HDI’s expanding role changes both equipment and labor needs. UV-laser direct-imaging systems shorten cycle times while providing tighter line-width control, yet they require technicians versed in photonics rather than conventional exposure. Drill shops are shifting from mechanical spindles to CO₂ lasers to hold a 40-50 µm via diameter, a transition that magnifies the skilled-operator shortage flagged by fabricators in Malaysia and Mexico. At the same time, flexible and rigid-flex variants keep gaining share in health trackers and vehicle head-up displays, where bend radius and weight matter more than multi-gigahertz speed. IC substrates remain capacity-constrained because only a handful of Asian lines can laminate Ajinomoto buildup film without warpage, further concentrating bargaining power among top suppliers. As a result, the printed circuit board market sees strategic buyers locking in multi-year HDI wafer-level contracts to de-risk chiplet road maps for 2.5D packages.

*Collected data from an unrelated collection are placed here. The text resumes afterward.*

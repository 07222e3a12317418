-- ===== src/Disk/Archive/Reports.antt =====
-- fs.rs: what `init` reports.
use molt_os.Prelude.{
  ℕ, zero, suc, ◌+◌, ◌-◌, ◌*◌, ◌≤◌, ◌≡◌, inl, inr, refl, ap, true, Bool-cases, ltb, leb, Option,
  some, List, [], ◌∷◌, length, take, drop, Checked, ok, arith,
}
use molt_os.Disk.Ata.{
  Ports, slave, status, decide, Result, done, err, no_drive, wait_loop, wait_ready, read_chunks,
  command, read, read_blocks, read_all,
}
use molt_os.Disk.Ata.Reads.{all_read, broken, read_all-Outcome}
use molt_os.Disk.Archive.{
  FsError, fs_disk_error, bad_magic, magic, same_bytes, from_le_bytes, accept, keep_first,
  init_with, max_bytes, init,
}

-- The bytes begin as an archive of `count` files does.
pub record IsArchive (bytes : List ℕ) (count : ℕ) : Type 0 where
  pub long : 8 ≤ length bytes
  pub starts : same_bytes (take 4 bytes) magic ≡ true
  pub counted : from_le_bytes (take 4 (drop 4 bytes)) ≡ some count

-- What `accept` decides; it does not panic.
data AcceptOutcome (bytes : List ℕ) : Type 0 where
  accepted :
      (count : ℕ) → accept bytes ≡ ok (done count) → IsArchive bytes count → AcceptOutcome bytes
  refused : accept bytes ≡ ok (err bad_magic) → AcceptOutcome bytes

four : (bytes : List ℕ) → 4 ≤ length bytes → (n : ℕ) × (from_le_bytes (take 4 bytes) ≡ some n)
four [] h = absurd (omega arith)
four (a ∷ []) h = absurd (omega arith)
four (a ∷ b ∷ []) h = absurd (omega arith)
four (a ∷ b ∷ c ∷ []) h = absurd (omega arith)
four (a ∷ b ∷ c ∷ d ∷ rest) h = (a + b * 256 + c * 65536 + d * 16777216, refl)

length-drop : (n : ℕ) (xs : List ℕ) → length (drop n xs) ≡ length xs - n
length-drop zero xs = omega arith
length-drop (suc n) [] = omega arith
length-drop (suc n) (x ∷ xs) = omega (arith, length-drop n xs)

accept-Outcome : (bytes : List ℕ) → AcceptOutcome bytes
unfolding accept
accept-Outcome bytes = elim (Bool-cases (ltb (length bytes) 8)) [
  | inl short ↦ refused (rw short)
  | inr enough ↦
      let long : 8 ≤ length bytes = ground (arith, enough) in
      let l4 : leb 4 (length bytes) ≡ true = ground (arith, long) in
      let l8 : leb 8 (length bytes) ≡ true = ground (arith, long) in
      let (n, e) = four (drop 4 bytes) (omega (arith, length-drop 4 bytes, long)) in
      elim (Bool-cases (same_bytes (take 4 bytes) magic)) [
        | inl same ↦
            accepted n (rw (enough, l4, same, l8, e))
              record { long = long; starts = same; counted = e }
        | inr other ↦ refused (rw (enough, l4, other))
      ]
]

-- `init` loads an archive, refuses what is none, or reports a disk error.
pub data InitOutcome {D : Type 0} (archive : Option (List ℕ))
    (m : Checked (Result FsError ℕ × Option (List ℕ) × D)) : Type 0 where
  loaded :
      (bytes : List ℕ) (count : ℕ) (d : D)
      → m ≡ ok (done count, keep_first archive bytes, d)
      → IsArchive bytes count
      → InitOutcome archive m
  refused_archive : (d : D) → m ≡ ok (err bad_magic, archive, d) → InitOutcome archive m
  disk_failed : (d : D) → m ≡ ok (err fs_disk_error, archive, d) → InitOutcome archive m

-- Whatever the drive does, `init` ends without a panic: it loads bytes that begin as an archive does
-- and returns their count, or the archive stays as it was and the error is `BadMagic` or `DiskError`.
-- `FsError::NoDrive` is never returned.
pub init-Outcome :
    {D : Type 0} (ports : Ports D) (archive : Option (List ℕ)) (d : D)
    → InitOutcome archive (init ports archive d)
unfolding init init_with
init-Outcome ports archive d = elim (read_all-Outcome ports slave max_bytes d (omega arith)) [
  | all_read bytes d' e k ↦ elim (accept-Outcome bytes) [
    | accepted count f starts ↦ loaded bytes count d' (rw (e, f)) starts
    | refused f ↦ refused_archive d' (rw (e, f))
  ]
  | broken d' e ↦ disk_failed d' (rw e)
]

module _ {D : Type 0} (ports : Ports D) (absent : (d : D) → (ports.read status d).0 ≡ 0xff) where
  absent_loop :
      (n : ℕ) (d : D) → wait_loop ports (suc n) d ≡ (err no_drive, (ports.read status d).1)
  unfolding wait_loop decide
  absent_loop n d = rw (wait_loop, decide, absent d)

  absent_wait : (d : D) → wait_ready ports d ≡ (err no_drive, (ports.read status d).1)
  unfolding wait_ready
  absent_wait d = absent_loop 1000000 d

  absent_chunks :
      (n : ℕ) (d : D)
      → (bytes : List ℕ) × (d' : D) × (read_chunks ports (suc n) d ≡ (err no_drive, bytes, d'))
  unfolding read_chunks
  absent_chunks n d = (
    [],
    (ports.read status d).1,
    rw (read_chunks, absent_wait d) (ap (λ w. (err no_drive, [], w.1)) (absent_wait d)),
  )

  -- Where there is no drive, so that every status is 0xFF, `init` reports `BadMagic`.
  init-absent :
      (archive : Option (List ℕ)) (d : D)
      → (d' : D) × (init ports archive d ≡ ok (err bad_magic, archive, d'))
  unfolding init init_with read_all read_blocks read accept
  init-absent archive d =
      let (bytes, d', e) = absent_chunks 127 (command ports slave 0 128 d) in (d', rw e)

Note: Segment shares of all individual segments available upon report purchase
By Substrate Type: High-Speed Materials Extend Reach
Rigid FR-4 and metal-core stacks produced 65.6% of 2024 shipments and still dominate switching power supplies, industrial drives, and LED lighting, where thermal spreaders matter more than dielectric loss. Nevertheless, PTFE and LCP laminate demand is advancing at a 6.2% CAGR under the pull of 28 GHz and 39 GHz small-cell radios. These fluoropolymer cores deliver a dielectric constant near 3.0 with a loss tangent below 0.002, attributes crucial for millimeter-wave phased arrays. Vendors are also marketing copper-foil grades with 2 µm surface roughness to curb conductor-skin losses, and fabs adopt plasma desmear to preserve bond-strength.

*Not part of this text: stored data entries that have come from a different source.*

-- ===== src/Memory/Frames.antt =====
-- memory.rs: no frame is handed out twice.
use molt_os.Prelude.{
  ℕ, zero, suc, ◌+◌, ◌-◌, ◌*◌, ◌/◌, ◌%◌, ◌≤◌, ◌<◌, ◌≡◌, ap, ◌∙◌, subst, some, List, [], ◌∷◌, ◌++◌,
  get_elem?, arith, Bool-cases, inl, inr,
}
use molt_os.Memory.{
  is_usable, MemoryRegion, FrameAllocator, page_size, containing_address, frames_from, frames_of,
  usable_frames, allocate_frame,
}

-- Whole pages one after the other, from `low` on.
abbrev pub Ascending : ℕ → List ℕ → Type 0
Ascending low [] = Unit
Ascending low (x ∷ xs) = (low ≤ x) × Ascending (x + page_size) xs

-- The regions of the map are whole pages, in the order of their addresses.
abbrev pub IsSorted : ℕ → List MemoryRegion → Type 0
IsSorted low [] = Unit
IsSorted low (r ∷ rs) =
    (low ≤ r.start)
    × (r.start ≤ r.stop)
    × (r.start % page_size ≡ 0)
    × (r.stop % page_size ≡ 0)
    × IsSorted r.stop rs

Ascending-mono : (a b : ℕ) (xs : List ℕ) → a ≤ b → Ascending b xs → Ascending a xs
Ascending-mono a b [] h v = tt
Ascending-mono a b (x ∷ xs) h v = (omega arith, v.1)

frames_from-Ascending :
    (count addr : ℕ) (rest : List ℕ)
    → addr % page_size ≡ 0
    → Ascending (addr + count * page_size) rest
    → Ascending addr (frames_from count addr ++ rest)
unfolding frames_from
frames_from-Ascending zero addr rest m v =
    Ascending-mono addr (addr + 0 * page_size) rest (omega arith) v
frames_from-Ascending (suc count) addr rest m v =
    let same : containing_address addr ≡ addr = omega arith in
    rw same (
      omega arith,
      frames_from-Ascending count (addr + page_size) rest (omega arith) (
          Ascending-mono (addr + page_size + count * page_size) (addr + suc count * page_size) rest
            (omega arith) v),
    )

pub usable_frames-Ascending :
    (rs : List MemoryRegion) (low : ℕ) → IsSorted low rs → Ascending low (usable_frames rs)
unfolding usable_frames
usable_frames-Ascending [] low v = tt
usable_frames-Ascending (r ∷ rs) low (above, order, first_page, last_page, others) =
    let rest = usable_frames-Ascending rs r.stop others in
    elim (Bool-cases (is_usable r.region_type)) [
      | inl t ↦
          let pages : r.start + (r.stop - r.start + (page_size - 1)) / page_size * page_size
              ≡ r.stop =
            omega arith in
          rw t (
            Ascending-mono low r.start (frames_of r ++ usable_frames rs) above (
              frames_from-Ascending ((r.stop - r.start + (page_size - 1)) / page_size) r.start
                (usable_frames rs) first_page (rw pages rest)))
      | inr t ↦ rw t (Ascending-mono low r.stop (usable_frames rs) (omega arith) rest)
    ]

Ascending-above : (xs : List ℕ) (low i a : ℕ) → Ascending low xs → get_elem? xs i ≡ some a → low ≤ a
Ascending-above [] low i a v e = cc
Ascending-above (x ∷ xs) low zero a v e = let same : x ≡ a = cc in omega arith
Ascending-above (x ∷ xs) low (suc i) a v e =
    omega (arith, Ascending-above xs (x + page_size) i a v.1 e)

pub Ascending-apart :
    (xs : List ℕ) (low i j a b : ℕ)
    → Ascending low xs
    → get_elem? xs i ≡ some a
    → get_elem? xs j ≡ some b
    → i < j
    → a + page_size ≤ b
Ascending-apart [] low i j a b v ea eb h = cc
Ascending-apart (x ∷ xs) low i zero a b v ea eb h = absurd (omega arith)
Ascending-apart (x ∷ xs) low zero (suc j) a b v ea eb h =
    let same : x ≡ a = cc in omega (arith, Ascending-above xs (x + page_size) j b v.1 eb)
Ascending-apart (x ∷ xs) low (suc i) (suc j) a b v ea eb h =
    Ascending-apart xs (x + page_size) i j a b v.1 ea eb (omega arith)

-- The allocator after `k` calls.
unfoldable pub calls : ℕ → FrameAllocator → FrameAllocator
calls zero s = s
calls (suc k) s = calls k (allocate_frame s).0

calls-next : (k : ℕ) (s : FrameAllocator) → calls k s ≡ record s { next = s.next + k }
unfolding calls allocate_frame
calls-next zero s =
    let none_more : s.next ≡ s.next + 0 = omega arith in ap (λ n. record s { next = n }) none_more
calls-next (suc k) s =
    let more : s.next + 1 + k ≡ s.next + suc k = omega arith in
    calls-next k (record s { next = s.next + 1 }) ∙ ap (λ n. record s { next = n }) more

-- On a map of whole pages in the order of their addresses, a frame of a later call lies a page or
-- more above that of an earlier one: no two calls return the same memory.
pub allocate_frame-apart :
    (s : FrameAllocator) (low i j a b : ℕ)
    → IsSorted low s.memory_map
    → (allocate_frame (calls i s)).1 ≡ some a
    → (allocate_frame (calls j s)).1 ≡ some b
    → i < j
    → a + page_size ≤ b
unfolding allocate_frame
allocate_frame-apart s low i j a b v ea eb h =
    let ea' : get_elem? (usable_frames s.memory_map) (s.next + i) ≡ some a =
      subst (λ x. (allocate_frame x).1 ≡ some a) (calls-next i s) ea in
    let eb' : get_elem? (usable_frames s.memory_map) (s.next + j) ≡ some b =
      subst (λ x. (allocate_frame x).1 ≡ some b) (calls-next j s) eb in
    Ascending-apart (usable_frames s.memory_map) low (s.next + i) (s.next + j) a b
      (usable_frames-Ascending s.memory_map low v) ea' eb' (omega arith)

Flexible polyimide substrates add process steps such as coverlay lamination but allow designers to fold circuitry around batteries and optics in smart-glasses and lidar modules. Adoption is particularly strong in Chinese EMS plants that bundle flex assembly with camera-module testing to cut logistics loops. Rigid-flex boards, though with only a single-digit share, win in cockpit avionics and robotic grippers where vibration tolerance offsets higher materials cost. Because high-frequency cores and flex polyimide require separate lamination profiles, large contract manufacturers are creating segmented press lines to shorten setup intervals. Over time, that operational agility is expected to widen the printed circuit board market share gap between top-tier fabs and regional specialists.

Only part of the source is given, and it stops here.